__TASK DETAILS__.
Range to output from the entries below: the line containing "named none = []" through the line containing "drop_one-named fd _ _ (kept ∙ h)". Set it down exactly, ends included, nothing else.

__PROVIDED RECORDS__.
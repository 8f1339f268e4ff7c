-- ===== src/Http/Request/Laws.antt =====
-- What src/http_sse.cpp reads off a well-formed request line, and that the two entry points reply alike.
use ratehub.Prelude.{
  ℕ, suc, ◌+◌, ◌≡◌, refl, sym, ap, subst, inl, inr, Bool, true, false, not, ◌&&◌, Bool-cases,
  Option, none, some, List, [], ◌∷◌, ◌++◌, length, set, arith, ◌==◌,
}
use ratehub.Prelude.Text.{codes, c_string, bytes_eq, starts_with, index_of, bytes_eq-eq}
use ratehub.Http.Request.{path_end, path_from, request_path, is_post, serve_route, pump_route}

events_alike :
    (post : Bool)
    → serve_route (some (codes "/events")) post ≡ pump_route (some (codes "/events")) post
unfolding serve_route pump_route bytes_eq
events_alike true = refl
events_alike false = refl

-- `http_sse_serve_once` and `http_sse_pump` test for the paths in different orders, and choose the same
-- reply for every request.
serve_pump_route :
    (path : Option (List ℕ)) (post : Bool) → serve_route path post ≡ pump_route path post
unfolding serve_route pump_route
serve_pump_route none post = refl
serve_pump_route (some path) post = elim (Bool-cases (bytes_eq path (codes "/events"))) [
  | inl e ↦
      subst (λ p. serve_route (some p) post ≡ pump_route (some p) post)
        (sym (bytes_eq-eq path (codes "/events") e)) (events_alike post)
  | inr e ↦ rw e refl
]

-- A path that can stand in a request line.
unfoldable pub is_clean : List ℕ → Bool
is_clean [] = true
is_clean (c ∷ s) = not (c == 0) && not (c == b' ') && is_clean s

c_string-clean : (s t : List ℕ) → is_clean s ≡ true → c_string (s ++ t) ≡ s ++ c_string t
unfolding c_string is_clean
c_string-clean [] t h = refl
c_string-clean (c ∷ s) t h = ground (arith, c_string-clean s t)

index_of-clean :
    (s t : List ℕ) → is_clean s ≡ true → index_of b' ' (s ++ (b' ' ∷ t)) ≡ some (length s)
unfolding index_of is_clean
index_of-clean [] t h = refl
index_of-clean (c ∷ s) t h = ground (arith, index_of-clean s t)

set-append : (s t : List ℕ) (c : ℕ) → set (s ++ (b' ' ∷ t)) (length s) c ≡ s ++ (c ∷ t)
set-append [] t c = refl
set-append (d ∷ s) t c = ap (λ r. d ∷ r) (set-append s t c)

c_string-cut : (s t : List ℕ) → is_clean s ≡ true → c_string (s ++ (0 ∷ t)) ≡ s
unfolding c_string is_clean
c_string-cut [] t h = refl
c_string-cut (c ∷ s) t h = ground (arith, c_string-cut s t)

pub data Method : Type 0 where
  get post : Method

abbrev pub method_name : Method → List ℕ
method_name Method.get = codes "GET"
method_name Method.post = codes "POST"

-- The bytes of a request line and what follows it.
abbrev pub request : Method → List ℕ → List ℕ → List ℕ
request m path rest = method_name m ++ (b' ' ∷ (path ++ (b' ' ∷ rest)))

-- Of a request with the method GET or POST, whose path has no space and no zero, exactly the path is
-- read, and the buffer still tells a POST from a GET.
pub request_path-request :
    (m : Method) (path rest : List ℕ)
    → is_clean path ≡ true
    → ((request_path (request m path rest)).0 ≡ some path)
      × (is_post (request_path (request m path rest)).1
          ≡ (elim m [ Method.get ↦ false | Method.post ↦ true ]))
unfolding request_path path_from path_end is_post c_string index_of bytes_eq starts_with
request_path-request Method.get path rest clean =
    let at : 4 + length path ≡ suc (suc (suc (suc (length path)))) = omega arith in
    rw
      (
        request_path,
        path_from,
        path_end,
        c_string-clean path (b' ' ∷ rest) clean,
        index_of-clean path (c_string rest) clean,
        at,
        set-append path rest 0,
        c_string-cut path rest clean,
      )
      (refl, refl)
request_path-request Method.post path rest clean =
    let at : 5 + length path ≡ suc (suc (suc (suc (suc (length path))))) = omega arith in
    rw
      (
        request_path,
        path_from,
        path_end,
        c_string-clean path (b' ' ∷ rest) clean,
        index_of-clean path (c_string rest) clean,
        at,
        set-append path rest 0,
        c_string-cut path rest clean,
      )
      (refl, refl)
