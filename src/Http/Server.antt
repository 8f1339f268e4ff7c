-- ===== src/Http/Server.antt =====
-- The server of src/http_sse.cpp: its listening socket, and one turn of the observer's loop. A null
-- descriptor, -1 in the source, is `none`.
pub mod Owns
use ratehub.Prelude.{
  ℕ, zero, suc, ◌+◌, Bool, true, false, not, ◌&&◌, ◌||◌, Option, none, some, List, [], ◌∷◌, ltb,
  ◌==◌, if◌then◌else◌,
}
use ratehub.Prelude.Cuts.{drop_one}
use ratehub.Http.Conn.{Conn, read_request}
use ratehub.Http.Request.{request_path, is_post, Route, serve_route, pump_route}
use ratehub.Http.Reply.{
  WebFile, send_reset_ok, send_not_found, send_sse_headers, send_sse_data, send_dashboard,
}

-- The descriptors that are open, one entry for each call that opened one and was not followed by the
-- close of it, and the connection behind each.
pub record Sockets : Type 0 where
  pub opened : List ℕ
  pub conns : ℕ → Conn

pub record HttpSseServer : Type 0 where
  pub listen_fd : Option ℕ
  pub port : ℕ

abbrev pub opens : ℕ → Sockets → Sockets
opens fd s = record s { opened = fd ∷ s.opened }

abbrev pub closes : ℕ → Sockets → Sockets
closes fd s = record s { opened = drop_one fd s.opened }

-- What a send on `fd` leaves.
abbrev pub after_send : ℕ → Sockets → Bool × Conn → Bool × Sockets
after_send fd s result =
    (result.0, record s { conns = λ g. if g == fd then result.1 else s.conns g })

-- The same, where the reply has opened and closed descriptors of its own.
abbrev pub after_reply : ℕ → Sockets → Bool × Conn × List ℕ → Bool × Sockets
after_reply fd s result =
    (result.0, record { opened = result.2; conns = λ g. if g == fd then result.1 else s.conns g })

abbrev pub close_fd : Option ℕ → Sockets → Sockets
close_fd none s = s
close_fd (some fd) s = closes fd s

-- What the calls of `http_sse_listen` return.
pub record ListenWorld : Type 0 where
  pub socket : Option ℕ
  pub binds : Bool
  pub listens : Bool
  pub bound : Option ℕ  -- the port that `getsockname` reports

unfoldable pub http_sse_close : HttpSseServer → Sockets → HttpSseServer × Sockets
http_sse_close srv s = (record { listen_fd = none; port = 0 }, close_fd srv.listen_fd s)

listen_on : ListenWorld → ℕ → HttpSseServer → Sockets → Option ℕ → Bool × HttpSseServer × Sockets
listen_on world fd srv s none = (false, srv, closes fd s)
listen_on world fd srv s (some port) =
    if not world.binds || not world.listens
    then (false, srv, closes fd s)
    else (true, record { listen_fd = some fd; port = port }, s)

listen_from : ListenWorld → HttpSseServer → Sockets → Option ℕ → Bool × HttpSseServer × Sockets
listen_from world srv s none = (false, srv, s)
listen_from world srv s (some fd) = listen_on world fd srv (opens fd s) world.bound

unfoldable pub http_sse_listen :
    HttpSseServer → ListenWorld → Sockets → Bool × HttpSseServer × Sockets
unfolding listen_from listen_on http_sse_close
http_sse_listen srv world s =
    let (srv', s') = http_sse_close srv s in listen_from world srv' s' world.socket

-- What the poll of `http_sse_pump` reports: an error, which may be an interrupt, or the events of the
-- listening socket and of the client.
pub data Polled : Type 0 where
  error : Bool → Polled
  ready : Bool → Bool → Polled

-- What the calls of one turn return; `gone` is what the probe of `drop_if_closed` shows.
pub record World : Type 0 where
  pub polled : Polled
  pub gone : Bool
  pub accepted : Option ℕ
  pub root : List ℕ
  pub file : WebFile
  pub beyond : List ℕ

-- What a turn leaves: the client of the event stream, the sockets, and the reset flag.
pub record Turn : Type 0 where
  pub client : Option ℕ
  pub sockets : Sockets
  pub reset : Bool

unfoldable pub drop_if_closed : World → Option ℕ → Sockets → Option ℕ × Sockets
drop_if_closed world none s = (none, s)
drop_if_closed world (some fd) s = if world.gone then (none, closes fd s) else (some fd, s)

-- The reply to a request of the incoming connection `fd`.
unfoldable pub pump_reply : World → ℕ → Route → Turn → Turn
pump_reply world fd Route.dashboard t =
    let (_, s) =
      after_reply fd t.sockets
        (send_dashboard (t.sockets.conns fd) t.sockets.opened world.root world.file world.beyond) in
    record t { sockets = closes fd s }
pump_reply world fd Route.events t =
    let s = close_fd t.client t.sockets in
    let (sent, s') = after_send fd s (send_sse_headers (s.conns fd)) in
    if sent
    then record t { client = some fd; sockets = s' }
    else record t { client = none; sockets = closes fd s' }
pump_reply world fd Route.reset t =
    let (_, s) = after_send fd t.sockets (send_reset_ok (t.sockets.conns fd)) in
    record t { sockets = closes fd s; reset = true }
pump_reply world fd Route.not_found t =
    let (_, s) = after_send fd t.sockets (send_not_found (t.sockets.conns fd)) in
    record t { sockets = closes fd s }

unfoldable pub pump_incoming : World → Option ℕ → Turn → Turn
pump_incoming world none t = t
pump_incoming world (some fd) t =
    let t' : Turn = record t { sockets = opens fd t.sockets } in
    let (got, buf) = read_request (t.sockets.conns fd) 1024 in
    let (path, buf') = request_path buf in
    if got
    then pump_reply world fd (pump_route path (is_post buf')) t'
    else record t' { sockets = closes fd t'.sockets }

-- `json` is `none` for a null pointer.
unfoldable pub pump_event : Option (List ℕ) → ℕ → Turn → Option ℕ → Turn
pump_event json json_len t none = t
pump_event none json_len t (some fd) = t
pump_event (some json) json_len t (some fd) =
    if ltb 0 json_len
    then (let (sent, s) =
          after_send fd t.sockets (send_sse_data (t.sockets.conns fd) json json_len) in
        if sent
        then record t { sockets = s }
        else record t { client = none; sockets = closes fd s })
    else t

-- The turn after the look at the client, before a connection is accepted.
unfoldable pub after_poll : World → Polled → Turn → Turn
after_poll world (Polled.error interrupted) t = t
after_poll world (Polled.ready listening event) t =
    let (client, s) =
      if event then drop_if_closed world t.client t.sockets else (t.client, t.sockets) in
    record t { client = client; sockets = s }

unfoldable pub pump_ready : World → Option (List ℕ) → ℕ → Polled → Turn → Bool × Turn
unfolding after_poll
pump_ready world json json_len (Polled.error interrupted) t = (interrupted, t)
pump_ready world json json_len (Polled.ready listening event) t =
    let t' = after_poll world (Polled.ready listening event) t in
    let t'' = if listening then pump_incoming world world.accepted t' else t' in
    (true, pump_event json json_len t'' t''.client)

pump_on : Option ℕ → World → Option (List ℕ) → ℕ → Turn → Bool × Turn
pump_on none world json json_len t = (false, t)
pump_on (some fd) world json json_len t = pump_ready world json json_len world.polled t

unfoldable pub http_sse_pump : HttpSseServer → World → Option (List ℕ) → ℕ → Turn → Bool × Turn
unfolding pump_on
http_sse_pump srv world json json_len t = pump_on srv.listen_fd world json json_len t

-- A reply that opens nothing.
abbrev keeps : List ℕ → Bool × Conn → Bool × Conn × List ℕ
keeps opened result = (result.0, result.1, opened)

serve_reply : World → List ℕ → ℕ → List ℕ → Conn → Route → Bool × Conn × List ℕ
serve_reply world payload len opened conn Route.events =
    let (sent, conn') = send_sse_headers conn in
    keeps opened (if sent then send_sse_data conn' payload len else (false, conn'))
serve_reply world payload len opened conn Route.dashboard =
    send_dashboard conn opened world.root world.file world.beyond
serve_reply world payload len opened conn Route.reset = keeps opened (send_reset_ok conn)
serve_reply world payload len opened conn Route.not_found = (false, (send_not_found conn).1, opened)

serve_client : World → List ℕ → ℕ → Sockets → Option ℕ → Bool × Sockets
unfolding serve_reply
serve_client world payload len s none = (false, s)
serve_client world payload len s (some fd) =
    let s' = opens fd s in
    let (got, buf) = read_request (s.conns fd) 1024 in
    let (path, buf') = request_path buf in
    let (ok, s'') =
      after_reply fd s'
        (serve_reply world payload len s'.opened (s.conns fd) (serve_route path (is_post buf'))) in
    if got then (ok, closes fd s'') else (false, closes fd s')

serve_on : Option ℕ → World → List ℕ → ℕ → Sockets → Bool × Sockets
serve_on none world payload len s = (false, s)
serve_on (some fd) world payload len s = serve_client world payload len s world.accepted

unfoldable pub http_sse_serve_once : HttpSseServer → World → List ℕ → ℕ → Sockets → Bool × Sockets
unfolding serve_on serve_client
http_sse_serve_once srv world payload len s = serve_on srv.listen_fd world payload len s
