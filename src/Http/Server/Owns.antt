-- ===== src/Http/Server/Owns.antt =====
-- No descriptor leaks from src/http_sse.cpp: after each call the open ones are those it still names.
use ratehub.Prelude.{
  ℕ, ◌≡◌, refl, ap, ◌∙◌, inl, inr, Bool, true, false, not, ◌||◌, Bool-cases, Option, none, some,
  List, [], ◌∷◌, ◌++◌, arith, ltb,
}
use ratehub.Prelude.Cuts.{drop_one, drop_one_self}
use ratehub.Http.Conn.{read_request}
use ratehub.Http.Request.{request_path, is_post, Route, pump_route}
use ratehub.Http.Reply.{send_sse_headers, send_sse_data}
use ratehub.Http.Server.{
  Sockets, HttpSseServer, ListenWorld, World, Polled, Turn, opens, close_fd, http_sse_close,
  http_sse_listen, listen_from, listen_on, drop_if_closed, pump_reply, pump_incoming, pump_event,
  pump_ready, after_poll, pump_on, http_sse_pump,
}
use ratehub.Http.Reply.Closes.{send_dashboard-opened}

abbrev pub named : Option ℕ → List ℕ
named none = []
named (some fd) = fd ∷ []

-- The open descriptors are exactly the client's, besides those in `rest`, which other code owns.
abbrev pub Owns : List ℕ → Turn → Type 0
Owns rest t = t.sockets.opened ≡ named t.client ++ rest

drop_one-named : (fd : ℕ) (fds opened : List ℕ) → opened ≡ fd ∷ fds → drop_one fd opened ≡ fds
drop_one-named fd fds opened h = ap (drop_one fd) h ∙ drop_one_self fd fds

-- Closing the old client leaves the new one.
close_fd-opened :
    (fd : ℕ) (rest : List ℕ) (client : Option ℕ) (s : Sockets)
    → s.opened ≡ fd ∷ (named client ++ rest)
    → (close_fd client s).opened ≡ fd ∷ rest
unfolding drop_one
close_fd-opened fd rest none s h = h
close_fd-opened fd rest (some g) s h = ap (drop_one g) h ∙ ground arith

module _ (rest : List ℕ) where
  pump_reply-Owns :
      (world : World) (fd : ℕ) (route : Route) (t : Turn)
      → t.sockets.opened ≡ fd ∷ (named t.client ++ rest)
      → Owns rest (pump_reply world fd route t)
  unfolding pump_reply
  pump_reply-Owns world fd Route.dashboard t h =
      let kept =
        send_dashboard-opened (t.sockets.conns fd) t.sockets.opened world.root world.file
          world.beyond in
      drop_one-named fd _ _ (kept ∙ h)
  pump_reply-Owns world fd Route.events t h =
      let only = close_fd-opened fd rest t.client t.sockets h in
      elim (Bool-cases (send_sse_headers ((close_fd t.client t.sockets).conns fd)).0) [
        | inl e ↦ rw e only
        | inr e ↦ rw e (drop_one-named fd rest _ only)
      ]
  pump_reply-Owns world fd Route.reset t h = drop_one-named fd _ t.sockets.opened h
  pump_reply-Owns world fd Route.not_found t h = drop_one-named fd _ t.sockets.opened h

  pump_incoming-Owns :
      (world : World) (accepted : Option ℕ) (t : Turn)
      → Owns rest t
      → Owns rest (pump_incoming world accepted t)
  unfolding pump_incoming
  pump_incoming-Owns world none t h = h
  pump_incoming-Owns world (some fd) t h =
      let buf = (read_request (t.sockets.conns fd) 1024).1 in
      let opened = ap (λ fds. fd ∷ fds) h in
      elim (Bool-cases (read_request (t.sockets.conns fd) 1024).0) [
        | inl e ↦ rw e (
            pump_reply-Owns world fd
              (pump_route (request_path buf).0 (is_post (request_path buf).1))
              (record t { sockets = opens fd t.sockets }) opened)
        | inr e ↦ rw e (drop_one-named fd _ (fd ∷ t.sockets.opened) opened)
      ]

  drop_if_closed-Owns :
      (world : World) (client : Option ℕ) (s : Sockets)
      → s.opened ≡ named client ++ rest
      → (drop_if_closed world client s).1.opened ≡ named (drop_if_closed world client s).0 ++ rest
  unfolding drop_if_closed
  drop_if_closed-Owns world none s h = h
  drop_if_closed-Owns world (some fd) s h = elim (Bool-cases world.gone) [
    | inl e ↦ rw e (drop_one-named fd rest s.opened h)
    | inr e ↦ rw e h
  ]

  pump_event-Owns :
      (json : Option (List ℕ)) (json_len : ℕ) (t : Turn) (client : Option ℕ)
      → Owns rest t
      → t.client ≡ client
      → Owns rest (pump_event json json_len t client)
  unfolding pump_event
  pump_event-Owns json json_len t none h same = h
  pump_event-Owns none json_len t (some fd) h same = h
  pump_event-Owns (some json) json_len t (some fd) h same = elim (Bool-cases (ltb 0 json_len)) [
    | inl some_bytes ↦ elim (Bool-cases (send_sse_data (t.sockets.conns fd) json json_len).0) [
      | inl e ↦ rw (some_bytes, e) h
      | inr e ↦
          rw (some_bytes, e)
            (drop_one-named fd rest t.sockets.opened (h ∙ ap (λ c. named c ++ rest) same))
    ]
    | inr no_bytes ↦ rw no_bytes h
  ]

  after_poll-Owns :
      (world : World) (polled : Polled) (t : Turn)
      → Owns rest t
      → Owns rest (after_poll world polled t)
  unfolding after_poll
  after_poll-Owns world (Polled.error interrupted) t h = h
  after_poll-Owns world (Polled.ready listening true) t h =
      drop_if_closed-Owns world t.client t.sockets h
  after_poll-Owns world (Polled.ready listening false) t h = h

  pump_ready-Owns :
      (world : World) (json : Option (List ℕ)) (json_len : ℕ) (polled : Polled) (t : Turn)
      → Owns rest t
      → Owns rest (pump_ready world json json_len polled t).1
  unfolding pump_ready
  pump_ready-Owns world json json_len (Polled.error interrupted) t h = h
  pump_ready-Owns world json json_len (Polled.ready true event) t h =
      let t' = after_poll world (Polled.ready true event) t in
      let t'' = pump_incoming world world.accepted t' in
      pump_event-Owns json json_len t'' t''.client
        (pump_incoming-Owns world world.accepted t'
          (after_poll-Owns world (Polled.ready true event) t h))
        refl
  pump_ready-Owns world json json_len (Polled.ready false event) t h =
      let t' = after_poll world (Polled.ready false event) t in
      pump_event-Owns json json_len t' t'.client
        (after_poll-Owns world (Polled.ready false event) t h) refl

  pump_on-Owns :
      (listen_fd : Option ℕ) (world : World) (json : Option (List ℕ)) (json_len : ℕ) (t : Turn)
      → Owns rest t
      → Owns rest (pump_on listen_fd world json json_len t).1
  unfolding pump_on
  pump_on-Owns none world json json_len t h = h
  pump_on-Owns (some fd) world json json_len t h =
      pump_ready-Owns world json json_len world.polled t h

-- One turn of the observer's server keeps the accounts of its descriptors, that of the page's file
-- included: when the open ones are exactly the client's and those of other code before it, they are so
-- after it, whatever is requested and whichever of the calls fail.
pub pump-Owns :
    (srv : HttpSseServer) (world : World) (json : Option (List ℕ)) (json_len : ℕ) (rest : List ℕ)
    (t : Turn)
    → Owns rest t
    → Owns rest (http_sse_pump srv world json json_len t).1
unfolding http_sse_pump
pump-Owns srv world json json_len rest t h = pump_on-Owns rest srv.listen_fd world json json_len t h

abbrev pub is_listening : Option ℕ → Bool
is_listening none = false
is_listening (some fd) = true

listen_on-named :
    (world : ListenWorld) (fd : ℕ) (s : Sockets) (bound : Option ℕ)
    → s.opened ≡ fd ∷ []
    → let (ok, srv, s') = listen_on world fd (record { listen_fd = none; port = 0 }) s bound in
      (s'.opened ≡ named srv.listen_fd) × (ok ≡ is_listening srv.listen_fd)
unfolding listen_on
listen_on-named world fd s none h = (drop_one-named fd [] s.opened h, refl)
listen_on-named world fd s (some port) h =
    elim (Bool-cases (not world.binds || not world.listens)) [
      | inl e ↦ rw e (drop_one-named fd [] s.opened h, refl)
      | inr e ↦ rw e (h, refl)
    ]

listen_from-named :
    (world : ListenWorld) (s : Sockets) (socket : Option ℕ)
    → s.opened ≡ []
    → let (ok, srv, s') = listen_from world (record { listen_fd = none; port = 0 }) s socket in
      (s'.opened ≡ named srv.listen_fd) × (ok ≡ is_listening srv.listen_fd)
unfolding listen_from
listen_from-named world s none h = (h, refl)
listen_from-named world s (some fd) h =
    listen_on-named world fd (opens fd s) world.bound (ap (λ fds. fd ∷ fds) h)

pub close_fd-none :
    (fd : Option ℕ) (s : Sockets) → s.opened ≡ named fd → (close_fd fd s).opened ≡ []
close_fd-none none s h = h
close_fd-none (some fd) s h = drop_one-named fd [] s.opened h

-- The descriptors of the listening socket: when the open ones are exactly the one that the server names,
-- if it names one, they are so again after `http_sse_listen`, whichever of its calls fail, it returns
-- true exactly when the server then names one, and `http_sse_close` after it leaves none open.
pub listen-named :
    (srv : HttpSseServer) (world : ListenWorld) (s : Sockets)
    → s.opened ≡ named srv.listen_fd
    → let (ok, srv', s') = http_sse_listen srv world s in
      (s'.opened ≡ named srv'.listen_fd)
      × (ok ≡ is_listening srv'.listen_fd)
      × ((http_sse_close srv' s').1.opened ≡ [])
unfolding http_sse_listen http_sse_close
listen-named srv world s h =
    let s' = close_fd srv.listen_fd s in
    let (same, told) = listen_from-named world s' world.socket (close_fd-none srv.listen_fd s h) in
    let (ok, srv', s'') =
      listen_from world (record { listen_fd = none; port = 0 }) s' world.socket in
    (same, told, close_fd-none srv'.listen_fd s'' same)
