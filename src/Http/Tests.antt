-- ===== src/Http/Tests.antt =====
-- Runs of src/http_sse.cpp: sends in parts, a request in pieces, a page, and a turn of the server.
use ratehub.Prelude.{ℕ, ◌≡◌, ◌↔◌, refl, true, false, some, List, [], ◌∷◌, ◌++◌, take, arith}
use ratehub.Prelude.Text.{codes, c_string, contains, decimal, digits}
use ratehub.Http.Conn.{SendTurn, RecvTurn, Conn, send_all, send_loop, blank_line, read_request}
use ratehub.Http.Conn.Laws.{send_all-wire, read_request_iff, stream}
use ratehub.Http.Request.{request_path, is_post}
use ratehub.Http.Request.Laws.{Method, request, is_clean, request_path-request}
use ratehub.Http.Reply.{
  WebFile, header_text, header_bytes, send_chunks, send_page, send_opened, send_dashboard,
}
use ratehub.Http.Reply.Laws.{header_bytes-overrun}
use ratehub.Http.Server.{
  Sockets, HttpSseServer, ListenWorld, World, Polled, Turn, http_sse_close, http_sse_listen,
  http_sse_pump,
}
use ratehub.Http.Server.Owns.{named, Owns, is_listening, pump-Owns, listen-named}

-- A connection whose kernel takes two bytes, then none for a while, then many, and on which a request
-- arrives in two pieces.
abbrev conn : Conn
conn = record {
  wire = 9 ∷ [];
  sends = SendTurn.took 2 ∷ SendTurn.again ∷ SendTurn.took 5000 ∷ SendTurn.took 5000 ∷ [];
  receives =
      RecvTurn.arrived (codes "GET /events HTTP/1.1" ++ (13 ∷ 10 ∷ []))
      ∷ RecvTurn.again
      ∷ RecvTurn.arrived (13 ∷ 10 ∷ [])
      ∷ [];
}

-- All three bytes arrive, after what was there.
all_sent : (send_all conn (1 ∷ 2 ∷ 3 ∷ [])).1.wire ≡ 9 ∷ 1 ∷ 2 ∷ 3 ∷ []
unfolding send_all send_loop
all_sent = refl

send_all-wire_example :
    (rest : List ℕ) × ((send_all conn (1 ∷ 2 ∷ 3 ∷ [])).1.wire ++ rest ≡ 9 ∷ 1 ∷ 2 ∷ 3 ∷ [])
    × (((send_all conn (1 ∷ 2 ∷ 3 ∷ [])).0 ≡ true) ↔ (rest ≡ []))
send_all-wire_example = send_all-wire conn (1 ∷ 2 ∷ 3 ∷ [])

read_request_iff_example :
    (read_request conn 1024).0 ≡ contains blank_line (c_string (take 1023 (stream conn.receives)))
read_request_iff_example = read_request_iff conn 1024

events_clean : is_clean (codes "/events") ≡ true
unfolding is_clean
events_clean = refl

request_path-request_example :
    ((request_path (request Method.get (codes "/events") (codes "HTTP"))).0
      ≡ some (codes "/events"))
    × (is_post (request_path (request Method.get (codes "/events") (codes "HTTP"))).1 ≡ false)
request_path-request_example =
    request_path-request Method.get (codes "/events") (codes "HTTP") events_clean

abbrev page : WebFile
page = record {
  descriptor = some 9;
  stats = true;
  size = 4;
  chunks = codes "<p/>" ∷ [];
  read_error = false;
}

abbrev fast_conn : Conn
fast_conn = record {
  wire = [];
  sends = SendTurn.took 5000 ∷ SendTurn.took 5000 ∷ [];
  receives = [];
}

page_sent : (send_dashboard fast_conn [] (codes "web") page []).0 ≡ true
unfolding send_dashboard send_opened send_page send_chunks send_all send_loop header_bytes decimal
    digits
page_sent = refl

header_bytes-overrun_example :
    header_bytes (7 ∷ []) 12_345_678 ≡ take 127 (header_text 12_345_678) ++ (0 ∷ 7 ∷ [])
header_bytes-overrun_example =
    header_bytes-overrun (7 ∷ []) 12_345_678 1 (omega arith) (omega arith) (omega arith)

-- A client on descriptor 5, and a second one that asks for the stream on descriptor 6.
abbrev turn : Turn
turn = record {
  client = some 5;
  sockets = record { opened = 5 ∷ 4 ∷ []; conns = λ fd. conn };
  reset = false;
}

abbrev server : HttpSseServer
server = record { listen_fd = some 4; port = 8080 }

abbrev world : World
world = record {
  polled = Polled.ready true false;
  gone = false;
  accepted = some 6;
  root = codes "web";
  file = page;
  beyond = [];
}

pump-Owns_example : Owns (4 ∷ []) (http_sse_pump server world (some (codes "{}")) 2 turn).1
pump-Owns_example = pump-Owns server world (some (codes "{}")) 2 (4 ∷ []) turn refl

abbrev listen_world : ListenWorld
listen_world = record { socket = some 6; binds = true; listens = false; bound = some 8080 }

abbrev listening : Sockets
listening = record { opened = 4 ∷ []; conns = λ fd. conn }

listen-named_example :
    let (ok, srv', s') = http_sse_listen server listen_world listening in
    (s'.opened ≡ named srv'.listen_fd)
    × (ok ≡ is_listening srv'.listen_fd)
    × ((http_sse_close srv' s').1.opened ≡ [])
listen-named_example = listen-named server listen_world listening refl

__WRITTEN RESPONSE__.
named none = []
named (some fd) = fd ∷ []

-- The open descriptors are exactly the client's, besides those in `rest`, which other code owns.
abbrev pub Owns : List ℕ → Turn → Type 0
Owns rest t = t.sockets.opened ≡ named t.client ++ rest

drop_one-named : (fd : ℕ) (fds opened : List ℕ) → opened ≡ fd ∷ fds → drop_one fd opened ≡ fds
drop_one-named fd fds opened h = ap (drop_one fd) h ∙ drop_one_self fd fds

-- Closing the old client leaves the new one.
close_fd-opened :
    (fd : ℕ) (rest : List ℕ) (client : Option ℕ) (s : Sockets)
    → s.opened ≡ fd ∷ (named client ++ rest)
    → (close_fd client s).opened ≡ fd ∷ rest
unfolding drop_one
close_fd-opened fd rest none s h = h
close_fd-opened fd rest (some g) s h = ap (drop_one g) h ∙ ground arith

module _ (rest : List ℕ) where
  pump_reply-Owns :
      (world : World) (fd : ℕ) (route : Route) (t : Turn)
      → t.sockets.opened ≡ fd ∷ (named t.client ++ rest)
      → Owns rest (pump_reply world fd route t)
  unfolding pump_reply
  pump_reply-Owns world fd Route.dashboard t h =
      let kept =
        send_dashboard-opened (t.sockets.conns fd) t.sockets.opened world.root world.file
          world.beyond in
      drop_one-named fd _ _ (kept ∙ h)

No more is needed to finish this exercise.